PROBLEM TO WORK ON:
Search the listing below for the line containing "dims_keep order_by t". From there through the line containing "-- The watermark says", transcribe every line exactly, both ends included.

⁂

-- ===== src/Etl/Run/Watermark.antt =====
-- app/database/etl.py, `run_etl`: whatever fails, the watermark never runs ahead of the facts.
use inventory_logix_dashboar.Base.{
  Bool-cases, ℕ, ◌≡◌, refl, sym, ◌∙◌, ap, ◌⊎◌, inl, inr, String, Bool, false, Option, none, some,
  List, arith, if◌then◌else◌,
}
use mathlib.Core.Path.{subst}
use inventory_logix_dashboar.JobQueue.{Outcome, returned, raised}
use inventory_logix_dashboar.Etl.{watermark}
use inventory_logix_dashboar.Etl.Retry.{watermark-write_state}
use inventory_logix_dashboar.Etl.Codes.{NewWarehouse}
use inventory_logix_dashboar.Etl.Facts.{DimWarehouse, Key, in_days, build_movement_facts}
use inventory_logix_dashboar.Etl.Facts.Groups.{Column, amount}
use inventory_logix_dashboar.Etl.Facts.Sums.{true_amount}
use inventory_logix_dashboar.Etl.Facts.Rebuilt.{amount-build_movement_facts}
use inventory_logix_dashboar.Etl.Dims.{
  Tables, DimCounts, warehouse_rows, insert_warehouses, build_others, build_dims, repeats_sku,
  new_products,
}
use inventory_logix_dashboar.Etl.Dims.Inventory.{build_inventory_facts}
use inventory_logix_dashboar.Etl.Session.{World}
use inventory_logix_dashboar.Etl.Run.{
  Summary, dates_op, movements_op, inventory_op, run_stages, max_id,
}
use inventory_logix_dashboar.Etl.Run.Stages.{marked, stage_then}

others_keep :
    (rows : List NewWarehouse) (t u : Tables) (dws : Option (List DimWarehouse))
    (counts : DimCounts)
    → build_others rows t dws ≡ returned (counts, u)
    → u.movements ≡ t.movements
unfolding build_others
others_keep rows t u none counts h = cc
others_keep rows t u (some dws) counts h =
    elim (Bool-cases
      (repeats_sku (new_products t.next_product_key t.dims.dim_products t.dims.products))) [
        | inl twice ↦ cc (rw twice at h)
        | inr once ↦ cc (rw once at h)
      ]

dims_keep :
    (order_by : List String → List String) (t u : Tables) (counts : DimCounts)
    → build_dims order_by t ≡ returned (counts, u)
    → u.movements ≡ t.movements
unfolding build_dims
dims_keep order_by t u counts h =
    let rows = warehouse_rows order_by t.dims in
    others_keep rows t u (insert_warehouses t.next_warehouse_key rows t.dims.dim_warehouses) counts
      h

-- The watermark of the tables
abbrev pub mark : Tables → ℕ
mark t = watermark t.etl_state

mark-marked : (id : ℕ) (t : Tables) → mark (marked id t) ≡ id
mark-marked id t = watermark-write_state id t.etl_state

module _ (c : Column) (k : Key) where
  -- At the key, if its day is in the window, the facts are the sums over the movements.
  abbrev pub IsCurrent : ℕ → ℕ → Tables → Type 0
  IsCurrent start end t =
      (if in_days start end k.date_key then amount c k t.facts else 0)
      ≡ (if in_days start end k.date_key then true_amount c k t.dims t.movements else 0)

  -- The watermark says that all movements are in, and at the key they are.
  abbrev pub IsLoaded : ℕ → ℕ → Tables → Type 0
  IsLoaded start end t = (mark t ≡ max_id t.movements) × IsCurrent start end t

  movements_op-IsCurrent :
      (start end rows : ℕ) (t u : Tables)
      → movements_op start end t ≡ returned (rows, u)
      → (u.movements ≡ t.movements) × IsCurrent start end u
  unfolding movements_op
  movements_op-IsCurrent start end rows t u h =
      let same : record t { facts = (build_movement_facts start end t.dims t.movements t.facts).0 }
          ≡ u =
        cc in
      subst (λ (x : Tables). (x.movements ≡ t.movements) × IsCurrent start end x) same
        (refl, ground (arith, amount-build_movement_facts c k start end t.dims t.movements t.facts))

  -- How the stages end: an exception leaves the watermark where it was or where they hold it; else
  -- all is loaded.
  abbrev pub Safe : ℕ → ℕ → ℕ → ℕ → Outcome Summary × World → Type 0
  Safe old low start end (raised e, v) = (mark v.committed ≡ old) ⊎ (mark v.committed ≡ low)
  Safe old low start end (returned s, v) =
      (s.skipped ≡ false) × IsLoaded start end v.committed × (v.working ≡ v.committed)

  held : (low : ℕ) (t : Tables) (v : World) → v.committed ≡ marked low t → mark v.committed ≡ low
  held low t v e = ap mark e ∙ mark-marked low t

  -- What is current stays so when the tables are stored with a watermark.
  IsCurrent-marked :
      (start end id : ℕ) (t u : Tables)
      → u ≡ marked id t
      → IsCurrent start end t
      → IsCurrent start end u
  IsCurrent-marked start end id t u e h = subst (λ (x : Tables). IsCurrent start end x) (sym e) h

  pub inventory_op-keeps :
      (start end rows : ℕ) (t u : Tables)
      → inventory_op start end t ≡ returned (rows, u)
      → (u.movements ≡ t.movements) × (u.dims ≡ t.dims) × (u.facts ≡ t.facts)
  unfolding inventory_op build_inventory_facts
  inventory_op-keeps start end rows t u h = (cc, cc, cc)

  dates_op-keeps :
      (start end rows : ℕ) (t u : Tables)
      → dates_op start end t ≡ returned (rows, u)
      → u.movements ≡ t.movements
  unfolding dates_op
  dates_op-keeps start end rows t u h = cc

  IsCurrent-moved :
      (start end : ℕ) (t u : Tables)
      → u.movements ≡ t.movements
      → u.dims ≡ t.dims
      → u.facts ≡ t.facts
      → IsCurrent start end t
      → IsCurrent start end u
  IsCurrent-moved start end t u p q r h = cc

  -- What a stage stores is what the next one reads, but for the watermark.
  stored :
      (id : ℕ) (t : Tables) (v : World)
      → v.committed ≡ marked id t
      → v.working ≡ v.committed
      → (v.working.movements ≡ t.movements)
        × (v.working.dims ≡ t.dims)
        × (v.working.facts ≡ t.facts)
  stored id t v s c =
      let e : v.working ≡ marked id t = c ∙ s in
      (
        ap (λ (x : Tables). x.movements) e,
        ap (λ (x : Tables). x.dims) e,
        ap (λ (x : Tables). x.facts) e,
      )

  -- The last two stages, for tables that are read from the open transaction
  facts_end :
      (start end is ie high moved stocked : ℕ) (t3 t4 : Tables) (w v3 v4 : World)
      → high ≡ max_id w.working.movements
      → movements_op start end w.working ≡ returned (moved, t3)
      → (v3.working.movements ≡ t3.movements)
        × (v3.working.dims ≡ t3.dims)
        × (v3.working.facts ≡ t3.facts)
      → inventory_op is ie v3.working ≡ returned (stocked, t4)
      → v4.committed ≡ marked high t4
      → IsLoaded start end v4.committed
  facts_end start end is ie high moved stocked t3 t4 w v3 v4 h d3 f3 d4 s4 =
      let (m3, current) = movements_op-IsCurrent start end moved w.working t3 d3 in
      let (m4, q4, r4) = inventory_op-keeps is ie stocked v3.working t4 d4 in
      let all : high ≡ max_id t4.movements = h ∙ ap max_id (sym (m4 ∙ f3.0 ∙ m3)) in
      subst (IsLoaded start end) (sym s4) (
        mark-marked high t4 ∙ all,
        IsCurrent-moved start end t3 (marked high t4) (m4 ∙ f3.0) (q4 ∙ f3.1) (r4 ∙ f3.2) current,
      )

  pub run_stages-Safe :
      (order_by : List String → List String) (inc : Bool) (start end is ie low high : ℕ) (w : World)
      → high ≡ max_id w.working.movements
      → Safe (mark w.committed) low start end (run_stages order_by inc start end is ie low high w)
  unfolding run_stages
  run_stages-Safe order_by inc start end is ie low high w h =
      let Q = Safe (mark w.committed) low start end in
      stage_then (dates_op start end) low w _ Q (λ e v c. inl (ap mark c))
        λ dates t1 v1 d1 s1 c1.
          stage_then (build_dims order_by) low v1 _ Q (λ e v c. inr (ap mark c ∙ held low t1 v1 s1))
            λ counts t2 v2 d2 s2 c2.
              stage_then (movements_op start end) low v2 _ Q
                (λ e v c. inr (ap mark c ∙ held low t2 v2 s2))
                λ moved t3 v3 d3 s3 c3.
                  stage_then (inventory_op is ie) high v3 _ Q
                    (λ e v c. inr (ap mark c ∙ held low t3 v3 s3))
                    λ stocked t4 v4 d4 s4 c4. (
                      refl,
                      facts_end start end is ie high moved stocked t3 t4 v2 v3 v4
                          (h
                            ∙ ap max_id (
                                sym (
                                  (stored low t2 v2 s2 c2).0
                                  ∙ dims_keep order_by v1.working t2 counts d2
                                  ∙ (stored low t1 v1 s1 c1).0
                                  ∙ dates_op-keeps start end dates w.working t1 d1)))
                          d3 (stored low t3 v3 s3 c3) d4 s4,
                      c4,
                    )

⁂

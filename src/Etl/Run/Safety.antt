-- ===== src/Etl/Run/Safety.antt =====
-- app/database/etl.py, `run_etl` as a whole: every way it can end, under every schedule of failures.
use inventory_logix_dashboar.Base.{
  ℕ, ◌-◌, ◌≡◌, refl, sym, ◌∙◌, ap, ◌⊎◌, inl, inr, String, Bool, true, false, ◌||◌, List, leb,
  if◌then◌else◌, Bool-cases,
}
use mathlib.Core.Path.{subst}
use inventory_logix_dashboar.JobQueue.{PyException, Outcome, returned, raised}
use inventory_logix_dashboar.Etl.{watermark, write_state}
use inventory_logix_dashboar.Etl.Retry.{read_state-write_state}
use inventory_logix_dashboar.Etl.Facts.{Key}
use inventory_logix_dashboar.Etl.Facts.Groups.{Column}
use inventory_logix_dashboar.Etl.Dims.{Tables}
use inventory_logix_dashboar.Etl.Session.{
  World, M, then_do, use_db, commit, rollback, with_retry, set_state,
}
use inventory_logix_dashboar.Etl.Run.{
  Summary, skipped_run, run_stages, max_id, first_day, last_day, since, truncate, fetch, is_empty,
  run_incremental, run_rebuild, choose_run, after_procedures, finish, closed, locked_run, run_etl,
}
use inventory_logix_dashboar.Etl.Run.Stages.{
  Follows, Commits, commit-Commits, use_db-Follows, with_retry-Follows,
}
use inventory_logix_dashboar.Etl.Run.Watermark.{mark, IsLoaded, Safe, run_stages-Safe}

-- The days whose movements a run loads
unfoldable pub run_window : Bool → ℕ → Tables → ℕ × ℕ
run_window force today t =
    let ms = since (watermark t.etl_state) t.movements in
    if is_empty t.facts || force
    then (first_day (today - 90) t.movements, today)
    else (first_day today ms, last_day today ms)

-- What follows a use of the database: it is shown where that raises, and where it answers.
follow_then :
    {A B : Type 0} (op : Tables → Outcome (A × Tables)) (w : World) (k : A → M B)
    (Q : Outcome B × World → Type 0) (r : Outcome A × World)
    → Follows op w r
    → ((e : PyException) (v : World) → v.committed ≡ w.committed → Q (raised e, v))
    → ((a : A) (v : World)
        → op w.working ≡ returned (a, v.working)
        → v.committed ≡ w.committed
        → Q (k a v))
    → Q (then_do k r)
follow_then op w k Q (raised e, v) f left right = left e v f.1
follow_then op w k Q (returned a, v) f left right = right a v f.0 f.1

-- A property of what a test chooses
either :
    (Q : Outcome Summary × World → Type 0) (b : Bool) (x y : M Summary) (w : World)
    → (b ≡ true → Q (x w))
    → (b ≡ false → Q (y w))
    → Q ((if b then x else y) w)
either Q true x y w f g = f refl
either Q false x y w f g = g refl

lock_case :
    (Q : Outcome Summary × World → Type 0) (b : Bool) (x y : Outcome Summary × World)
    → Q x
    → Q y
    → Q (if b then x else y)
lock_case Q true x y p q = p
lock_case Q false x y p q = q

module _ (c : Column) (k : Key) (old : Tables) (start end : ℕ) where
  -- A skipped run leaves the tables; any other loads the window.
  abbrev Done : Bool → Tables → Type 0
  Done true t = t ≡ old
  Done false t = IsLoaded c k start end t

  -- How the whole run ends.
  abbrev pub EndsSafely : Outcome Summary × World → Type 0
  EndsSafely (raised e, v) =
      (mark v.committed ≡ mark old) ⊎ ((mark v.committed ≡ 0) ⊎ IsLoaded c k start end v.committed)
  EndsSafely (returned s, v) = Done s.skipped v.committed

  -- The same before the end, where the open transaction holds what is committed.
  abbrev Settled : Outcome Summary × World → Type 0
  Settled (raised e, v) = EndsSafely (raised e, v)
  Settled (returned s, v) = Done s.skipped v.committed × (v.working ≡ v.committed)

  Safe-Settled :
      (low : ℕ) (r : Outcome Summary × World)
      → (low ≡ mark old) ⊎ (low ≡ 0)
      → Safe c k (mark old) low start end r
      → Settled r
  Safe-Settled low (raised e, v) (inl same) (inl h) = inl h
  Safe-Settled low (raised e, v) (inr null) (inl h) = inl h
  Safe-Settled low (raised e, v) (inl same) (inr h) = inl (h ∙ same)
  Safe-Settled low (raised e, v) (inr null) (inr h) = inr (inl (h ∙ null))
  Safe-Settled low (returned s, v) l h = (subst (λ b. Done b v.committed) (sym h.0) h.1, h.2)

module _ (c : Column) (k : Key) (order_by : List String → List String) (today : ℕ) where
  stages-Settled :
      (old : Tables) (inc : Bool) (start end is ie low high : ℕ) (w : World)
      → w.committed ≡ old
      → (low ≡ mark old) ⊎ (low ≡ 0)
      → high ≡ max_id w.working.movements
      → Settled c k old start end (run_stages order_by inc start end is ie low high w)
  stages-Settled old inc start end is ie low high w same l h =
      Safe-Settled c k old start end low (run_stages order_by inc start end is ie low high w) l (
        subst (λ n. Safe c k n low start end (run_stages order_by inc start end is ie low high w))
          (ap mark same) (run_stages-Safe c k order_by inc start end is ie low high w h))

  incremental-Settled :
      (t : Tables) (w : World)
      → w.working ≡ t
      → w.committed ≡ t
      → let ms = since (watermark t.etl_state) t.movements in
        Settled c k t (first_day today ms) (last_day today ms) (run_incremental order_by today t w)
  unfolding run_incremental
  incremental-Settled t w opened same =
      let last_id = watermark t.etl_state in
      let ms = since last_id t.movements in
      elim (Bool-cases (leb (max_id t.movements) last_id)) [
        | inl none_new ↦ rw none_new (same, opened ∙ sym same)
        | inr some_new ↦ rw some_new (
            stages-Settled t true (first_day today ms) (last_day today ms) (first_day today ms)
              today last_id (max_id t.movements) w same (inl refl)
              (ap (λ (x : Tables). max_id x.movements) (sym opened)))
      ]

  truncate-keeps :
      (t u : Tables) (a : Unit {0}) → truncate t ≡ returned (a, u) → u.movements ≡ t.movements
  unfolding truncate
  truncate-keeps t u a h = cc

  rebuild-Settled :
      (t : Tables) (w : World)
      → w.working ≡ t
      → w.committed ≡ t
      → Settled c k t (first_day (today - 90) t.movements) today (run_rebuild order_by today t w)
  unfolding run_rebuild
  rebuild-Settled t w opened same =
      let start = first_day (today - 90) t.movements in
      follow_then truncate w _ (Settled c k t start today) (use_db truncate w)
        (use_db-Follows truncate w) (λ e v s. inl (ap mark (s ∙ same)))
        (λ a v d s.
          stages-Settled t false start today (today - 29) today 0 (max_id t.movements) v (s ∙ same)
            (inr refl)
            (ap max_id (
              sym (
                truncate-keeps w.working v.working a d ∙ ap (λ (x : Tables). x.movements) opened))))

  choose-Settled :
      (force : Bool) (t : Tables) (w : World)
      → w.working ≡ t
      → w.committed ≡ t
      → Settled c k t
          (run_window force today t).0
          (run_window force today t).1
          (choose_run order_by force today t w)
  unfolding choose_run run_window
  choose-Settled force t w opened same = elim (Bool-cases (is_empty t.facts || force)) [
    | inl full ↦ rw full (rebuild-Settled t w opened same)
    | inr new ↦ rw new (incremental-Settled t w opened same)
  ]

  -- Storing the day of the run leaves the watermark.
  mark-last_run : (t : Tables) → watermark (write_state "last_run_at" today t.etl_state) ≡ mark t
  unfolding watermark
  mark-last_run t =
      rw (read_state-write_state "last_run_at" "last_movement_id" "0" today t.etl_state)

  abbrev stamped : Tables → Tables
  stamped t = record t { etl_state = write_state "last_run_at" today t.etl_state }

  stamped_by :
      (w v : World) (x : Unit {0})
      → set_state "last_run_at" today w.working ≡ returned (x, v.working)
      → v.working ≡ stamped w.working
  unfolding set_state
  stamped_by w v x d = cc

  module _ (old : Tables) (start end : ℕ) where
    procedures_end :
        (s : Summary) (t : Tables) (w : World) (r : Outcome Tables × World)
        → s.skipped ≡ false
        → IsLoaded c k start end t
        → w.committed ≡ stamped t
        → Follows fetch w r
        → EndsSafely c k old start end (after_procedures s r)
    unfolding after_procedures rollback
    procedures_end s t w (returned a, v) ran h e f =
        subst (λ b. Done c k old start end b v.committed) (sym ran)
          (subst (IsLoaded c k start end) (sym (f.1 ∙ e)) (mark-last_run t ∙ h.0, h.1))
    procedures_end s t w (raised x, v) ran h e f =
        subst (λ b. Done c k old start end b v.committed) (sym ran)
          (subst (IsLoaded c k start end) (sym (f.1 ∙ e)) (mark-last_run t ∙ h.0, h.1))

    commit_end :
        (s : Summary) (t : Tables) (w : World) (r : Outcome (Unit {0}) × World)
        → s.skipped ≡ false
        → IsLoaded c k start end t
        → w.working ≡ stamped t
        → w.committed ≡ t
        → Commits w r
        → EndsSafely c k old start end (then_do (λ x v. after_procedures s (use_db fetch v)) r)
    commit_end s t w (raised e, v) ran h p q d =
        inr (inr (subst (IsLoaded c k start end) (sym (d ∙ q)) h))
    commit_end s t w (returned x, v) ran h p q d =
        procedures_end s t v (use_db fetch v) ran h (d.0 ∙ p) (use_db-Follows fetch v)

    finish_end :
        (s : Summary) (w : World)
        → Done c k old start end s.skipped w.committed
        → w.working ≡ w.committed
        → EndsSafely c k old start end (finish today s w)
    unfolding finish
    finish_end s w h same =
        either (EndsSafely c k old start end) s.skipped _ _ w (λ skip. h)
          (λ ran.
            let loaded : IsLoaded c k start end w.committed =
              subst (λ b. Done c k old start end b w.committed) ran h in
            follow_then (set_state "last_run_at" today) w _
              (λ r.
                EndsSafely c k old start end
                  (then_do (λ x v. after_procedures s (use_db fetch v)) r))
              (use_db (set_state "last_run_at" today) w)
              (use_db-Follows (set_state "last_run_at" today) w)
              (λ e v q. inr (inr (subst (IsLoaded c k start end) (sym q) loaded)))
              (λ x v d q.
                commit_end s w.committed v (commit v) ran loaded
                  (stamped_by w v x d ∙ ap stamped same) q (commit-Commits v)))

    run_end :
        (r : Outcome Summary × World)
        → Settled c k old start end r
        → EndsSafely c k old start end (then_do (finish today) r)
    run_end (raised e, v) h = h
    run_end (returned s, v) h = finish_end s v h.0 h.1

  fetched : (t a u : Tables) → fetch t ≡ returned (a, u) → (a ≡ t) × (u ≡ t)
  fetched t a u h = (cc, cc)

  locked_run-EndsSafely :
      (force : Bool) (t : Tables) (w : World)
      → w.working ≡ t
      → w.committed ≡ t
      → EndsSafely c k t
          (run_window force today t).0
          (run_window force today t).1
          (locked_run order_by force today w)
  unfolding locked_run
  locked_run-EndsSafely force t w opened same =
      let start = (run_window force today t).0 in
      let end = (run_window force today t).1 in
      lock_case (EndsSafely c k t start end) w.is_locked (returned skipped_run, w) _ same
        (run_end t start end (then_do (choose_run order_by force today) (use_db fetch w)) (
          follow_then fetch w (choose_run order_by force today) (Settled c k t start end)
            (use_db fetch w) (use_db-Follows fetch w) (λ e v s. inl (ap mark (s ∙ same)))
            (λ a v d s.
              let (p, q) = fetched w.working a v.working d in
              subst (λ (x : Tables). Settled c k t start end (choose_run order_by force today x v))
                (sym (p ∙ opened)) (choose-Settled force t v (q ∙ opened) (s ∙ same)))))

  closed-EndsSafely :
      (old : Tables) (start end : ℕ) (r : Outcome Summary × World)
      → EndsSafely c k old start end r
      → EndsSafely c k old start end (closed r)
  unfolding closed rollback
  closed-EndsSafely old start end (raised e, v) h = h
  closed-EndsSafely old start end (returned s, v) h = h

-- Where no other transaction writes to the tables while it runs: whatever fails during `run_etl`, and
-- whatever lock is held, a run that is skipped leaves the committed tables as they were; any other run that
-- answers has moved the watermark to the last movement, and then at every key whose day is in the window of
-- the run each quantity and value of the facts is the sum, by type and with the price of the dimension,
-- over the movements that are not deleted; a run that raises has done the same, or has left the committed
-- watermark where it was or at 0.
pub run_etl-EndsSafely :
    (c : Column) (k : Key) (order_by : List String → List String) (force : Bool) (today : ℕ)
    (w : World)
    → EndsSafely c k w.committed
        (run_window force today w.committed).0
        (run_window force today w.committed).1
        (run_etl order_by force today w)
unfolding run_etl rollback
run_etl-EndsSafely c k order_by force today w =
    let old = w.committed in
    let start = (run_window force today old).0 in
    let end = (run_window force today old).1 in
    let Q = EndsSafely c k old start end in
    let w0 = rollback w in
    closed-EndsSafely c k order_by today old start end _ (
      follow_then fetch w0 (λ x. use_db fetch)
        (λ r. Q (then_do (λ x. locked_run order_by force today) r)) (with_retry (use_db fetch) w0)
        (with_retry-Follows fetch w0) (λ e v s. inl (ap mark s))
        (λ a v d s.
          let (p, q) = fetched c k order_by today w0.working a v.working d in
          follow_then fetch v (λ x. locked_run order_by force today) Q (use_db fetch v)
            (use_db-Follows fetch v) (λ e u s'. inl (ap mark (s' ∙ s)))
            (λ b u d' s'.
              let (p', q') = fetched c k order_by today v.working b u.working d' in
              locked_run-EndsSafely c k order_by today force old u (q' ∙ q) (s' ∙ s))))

⁂

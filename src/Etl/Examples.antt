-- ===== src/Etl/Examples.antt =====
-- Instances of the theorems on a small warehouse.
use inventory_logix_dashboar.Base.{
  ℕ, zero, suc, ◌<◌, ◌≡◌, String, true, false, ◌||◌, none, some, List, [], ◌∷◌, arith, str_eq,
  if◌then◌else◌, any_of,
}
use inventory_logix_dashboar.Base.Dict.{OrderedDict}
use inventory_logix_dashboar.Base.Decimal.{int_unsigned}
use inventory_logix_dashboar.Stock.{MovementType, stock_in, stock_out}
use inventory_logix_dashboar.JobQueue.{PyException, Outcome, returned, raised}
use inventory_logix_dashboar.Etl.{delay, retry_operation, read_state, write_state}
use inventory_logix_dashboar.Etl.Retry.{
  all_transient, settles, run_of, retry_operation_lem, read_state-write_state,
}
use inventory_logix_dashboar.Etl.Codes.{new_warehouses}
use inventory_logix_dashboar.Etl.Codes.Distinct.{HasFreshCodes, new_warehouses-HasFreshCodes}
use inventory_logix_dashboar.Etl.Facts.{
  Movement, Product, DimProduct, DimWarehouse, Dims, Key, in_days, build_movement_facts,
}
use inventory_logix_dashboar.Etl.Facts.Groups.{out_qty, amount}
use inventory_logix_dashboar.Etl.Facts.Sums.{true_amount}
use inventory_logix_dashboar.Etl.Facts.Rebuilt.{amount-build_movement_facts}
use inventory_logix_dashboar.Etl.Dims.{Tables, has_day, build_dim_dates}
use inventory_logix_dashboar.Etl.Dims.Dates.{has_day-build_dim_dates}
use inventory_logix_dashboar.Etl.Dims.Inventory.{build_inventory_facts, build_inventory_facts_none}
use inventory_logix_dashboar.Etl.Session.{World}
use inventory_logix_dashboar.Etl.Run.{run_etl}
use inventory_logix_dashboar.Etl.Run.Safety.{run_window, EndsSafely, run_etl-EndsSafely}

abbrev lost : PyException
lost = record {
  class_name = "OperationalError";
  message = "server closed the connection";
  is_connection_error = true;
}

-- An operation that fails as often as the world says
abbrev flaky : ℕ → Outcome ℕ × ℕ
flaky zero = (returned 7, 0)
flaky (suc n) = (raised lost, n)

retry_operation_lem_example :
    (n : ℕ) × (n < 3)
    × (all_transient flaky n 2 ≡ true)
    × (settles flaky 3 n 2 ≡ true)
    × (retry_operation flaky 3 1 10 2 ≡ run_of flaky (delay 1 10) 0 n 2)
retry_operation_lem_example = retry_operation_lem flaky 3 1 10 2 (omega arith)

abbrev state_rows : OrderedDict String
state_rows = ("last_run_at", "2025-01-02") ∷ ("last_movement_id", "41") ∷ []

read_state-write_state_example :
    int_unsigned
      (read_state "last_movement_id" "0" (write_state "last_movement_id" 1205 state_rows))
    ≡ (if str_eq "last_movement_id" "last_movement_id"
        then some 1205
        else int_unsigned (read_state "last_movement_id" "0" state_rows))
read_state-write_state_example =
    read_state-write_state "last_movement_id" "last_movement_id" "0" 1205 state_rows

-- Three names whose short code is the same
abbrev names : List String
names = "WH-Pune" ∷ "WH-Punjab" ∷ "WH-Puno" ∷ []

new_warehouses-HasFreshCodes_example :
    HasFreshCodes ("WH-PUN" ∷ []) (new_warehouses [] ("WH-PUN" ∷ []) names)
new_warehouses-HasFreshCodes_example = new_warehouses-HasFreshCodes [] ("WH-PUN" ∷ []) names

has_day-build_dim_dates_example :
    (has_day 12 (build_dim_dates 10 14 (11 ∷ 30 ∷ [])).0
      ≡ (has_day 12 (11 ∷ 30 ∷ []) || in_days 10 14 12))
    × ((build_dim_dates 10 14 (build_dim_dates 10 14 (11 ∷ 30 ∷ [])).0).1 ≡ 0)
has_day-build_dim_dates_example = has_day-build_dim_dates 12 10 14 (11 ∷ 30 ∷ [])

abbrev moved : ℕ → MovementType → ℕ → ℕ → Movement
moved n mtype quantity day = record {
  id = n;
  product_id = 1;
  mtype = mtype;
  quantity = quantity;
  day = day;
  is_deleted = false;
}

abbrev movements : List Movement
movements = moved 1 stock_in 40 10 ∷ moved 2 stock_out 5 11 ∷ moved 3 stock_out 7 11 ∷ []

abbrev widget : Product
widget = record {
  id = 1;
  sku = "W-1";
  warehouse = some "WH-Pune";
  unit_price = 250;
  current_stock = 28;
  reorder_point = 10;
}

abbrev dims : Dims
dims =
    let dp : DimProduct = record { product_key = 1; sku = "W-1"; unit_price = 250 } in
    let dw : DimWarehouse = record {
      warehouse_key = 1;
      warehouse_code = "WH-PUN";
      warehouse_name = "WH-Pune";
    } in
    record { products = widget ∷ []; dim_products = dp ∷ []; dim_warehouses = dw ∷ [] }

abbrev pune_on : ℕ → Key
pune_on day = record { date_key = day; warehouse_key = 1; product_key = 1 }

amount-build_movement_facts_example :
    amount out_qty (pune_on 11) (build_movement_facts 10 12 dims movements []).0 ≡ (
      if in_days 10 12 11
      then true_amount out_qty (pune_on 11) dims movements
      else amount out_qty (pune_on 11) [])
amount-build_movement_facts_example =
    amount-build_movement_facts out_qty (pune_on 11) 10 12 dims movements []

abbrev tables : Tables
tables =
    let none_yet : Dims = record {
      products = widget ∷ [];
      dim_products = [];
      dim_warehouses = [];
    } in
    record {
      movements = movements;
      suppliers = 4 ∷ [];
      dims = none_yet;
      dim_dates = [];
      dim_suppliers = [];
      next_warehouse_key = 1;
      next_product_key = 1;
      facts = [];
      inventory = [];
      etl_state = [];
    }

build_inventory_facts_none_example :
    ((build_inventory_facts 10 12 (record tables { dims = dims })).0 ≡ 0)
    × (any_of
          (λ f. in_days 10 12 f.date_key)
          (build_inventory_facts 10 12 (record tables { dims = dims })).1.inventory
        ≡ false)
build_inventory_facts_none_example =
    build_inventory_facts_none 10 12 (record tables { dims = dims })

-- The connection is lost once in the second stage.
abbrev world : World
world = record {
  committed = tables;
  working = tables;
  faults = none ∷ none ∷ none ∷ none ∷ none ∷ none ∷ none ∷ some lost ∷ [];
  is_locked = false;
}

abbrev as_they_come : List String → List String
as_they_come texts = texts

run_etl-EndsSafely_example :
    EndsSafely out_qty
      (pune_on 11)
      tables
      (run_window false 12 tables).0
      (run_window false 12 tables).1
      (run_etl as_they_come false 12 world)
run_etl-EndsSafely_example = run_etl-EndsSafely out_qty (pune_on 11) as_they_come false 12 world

⁂

OUTPUT OF THE EXERCISE:
dims_keep order_by t u counts h =
    let rows = warehouse_rows order_by t.dims in
    others_keep rows t u (insert_warehouses t.next_warehouse_key rows t.dims.dim_warehouses) counts
      h

-- The watermark of the tables
abbrev pub mark : Tables → ℕ
mark t = watermark t.etl_state

mark-marked : (id : ℕ) (t : Tables) → mark (marked id t) ≡ id
mark-marked id t = watermark-write_state id t.etl_state

module _ (c : Column) (k : Key) where
  -- At the key, if its day is in the window, the facts are the sums over the movements.
  abbrev pub IsCurrent : ℕ → ℕ → Tables → Type 0
  IsCurrent start end t =
      (if in_days start end k.date_key then amount c k t.facts else 0)
      ≡ (if in_days start end k.date_key then true_amount c k t.dims t.movements else 0)

  -- The watermark says that all movements are in, and at the key they are.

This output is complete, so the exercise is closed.